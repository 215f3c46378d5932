-- ===== src/Session/Examples.antt =====
-- internal/session: the theorems on a session of two turns, with a pod of ten seconds.
mod Calls
use tatara_claude_code_wrapp.Common.{
  ℕ, ◌+◌, ◌≡◌, ◌≢◌, ◌↔◌, ◌*◌, ◌⊎◌, ◌++◌, refl, Bool, true, false, List, [], ◌∷◌, Option, none, some,
  String, arith, inl, inr, length, lookup, insert,
}
use tatara_claude_code_wrapp.Common.Int.{pos}
use tatara_claude_code_wrapp.Session.State.{Config, HookResult, Manager, new, with_defaults, second}
use tatara_claude_code_wrapp.Session.Submit.{SubmitInput, refuse, reserve, admit, pod_deadline}
use tatara_claude_code_wrapp.Session.Slot.{clear_current_locked, fail_turn, fire_done}
use tatara_claude_code_wrapp.Session.Recover.{start, boot_settled}
use tatara_claude_code_wrapp.Session.Step.{Section, perform, take_slot, Reach, here, next}
use tatara_claude_code_wrapp.Session.Ledger.{start_of, in_slot}
use tatara_claude_code_wrapp.Session.Accounting.{
  every_turn_counted, runs_iff_in_slot, ended_turn_is_final,
}
use tatara_claude_code_wrapp.Session.Activity.{snapshot, start_tailer}
use tatara_claude_code_wrapp.Session.State.{booting, ready, busy, dead}
use tatara_claude_code_wrapp.Session.Upkeep.{busy_session_runs, has_writer}
use tatara_claude_code_wrapp.Session.Move.{Move}
use tatara_claude_code_wrapp.Session.Move.Sections.{perform-Move}
use tatara_claude_code_wrapp.Turn.Records.{Record, running}
use tatara_claude_code_wrapp.Turn.Store
use tatara_claude_code_wrapp.Turn.Store.{new_store, fresh, errored}
use tatara_claude_code_wrapp.Turn.Laws.{status}

abbrev pub cfg : Config
cfg = record {
  workspace = "/work";
  home_dir = "/home/node";
  model = "opus";
  repo = "org/repo";
  turn_timeout = 2 * second;
  pod_ttl = pos (10 * second);
  boot_timeout = pos 0;
  submit_delay = pos 0;
  submit_seq = record { paste_start = "["; paste_end = "]"; submit = "!" };
  max_restarts = pos 0;
}

-- The session is up, as process 1.
abbrev pub up : Manager
up = perform (Section.settles 1) (
    perform (Section.starts 1) (
      perform (Section.starts_tailer true)
        (perform (Section.sets_callbacks true true) (start_of cfg 1000))))

abbrev pub one : Manager
one = perform (Section.takes_slot "t1" "hello" "http://cb" 2000) up

-- The first turn has failed.
abbrev ended : Manager
ended = perform (Section.fails "t1" "claude exited" 3000) one

-- claude is up again, and has a second turn.
abbrev two : Manager
two =
    perform (Section.takes_slot "t2" "again" "" 4000)
      (perform (Section.settles 2) (perform (Section.starts 2) ended))

abbrev first : Record
first = errored "claude exited" 3000 (fresh "t1" "hello" "http://cb" 2000)

pub Reach-up : Reach (start_of cfg 1000) up
unfolding perform
Reach-up =
    next
      (next (next (next here (Section.sets_callbacks true true) tt) (Section.starts_tailer true) tt)
        (Section.starts 1) tt)
      (Section.settles 1) tt

Reach-one : Reach (start_of cfg 1000) one
unfolding perform start_tailer start boot_settled new lookup
Reach-one = next Reach-up (Section.takes_slot "t1" "hello" "http://cb" 2000) (λ e. cc, refl)

Reach-ended : Reach (start_of cfg 1000) ended
Reach-ended = next Reach-one (Section.fails "t1" "claude exited" 3000) tt

Reach-two : Reach ended two
unfolding perform start boot_settled take_slot fail_turn new lookup start_tailer Store.fail
    Store.create insert
Reach-two =
    next (next (next here (Section.starts 2) tt) (Section.settles 2) tt)
      (Section.takes_slot "t2" "again" "" 4000) (λ e. cc, refl)

ended_turn_is_final_example : Store.get "t1" two.store ≡ some first
unfolding perform start boot_settled take_slot fail_turn new lookup start_tailer Store.get
    Store.fail Store.create insert
ended_turn_is_final_example =
    ended_turn_is_final cfg 1000 ended two "t1" first Reach-ended Reach-two refl (λ e. cc)

every_turn_counted_example :
    length ended.store.order
    ≡ ended.metrics.turns_complete
      + ended.metrics.turns_failed
      + ended.metrics.turns_interrupted
      + in_slot ended
every_turn_counted_example = every_turn_counted cfg 1000 ended Reach-ended

runs_iff_in_slot_example :
    (status "t1" ended.store ≡ some running) ↔ (("t1" ≡ ended.current) × (ended.current ≢ ""))
runs_iff_in_slot_example = runs_iff_in_slot cfg 1000 ended "t1" Reach-ended

busy_session_runs_example :
    ((one.state ≡ busy)
      × (one.current ≢ "")
      × (status one.current one.store ≡ some running)
      × (has_writer one.w ≡ true))
    ⊎ ((one.state ≡ ready) × (has_writer one.w ≡ true))
    ⊎ (one.state ≡ booting)
    ⊎ (one.state ≡ dead)
busy_session_runs_example = busy_session_runs cfg 1000 one Reach-one

perform-Move_example : Move one (perform (Section.fails "t1" "claude exited" 3000) one)
perform-Move_example = perform-Move (Section.fails "t1" "claude exited" 3000) one tt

#### Problem requirements
Your answer must be a single number, the count of lines in the data that hold the string "abbrev".

#### Response to the exercise
6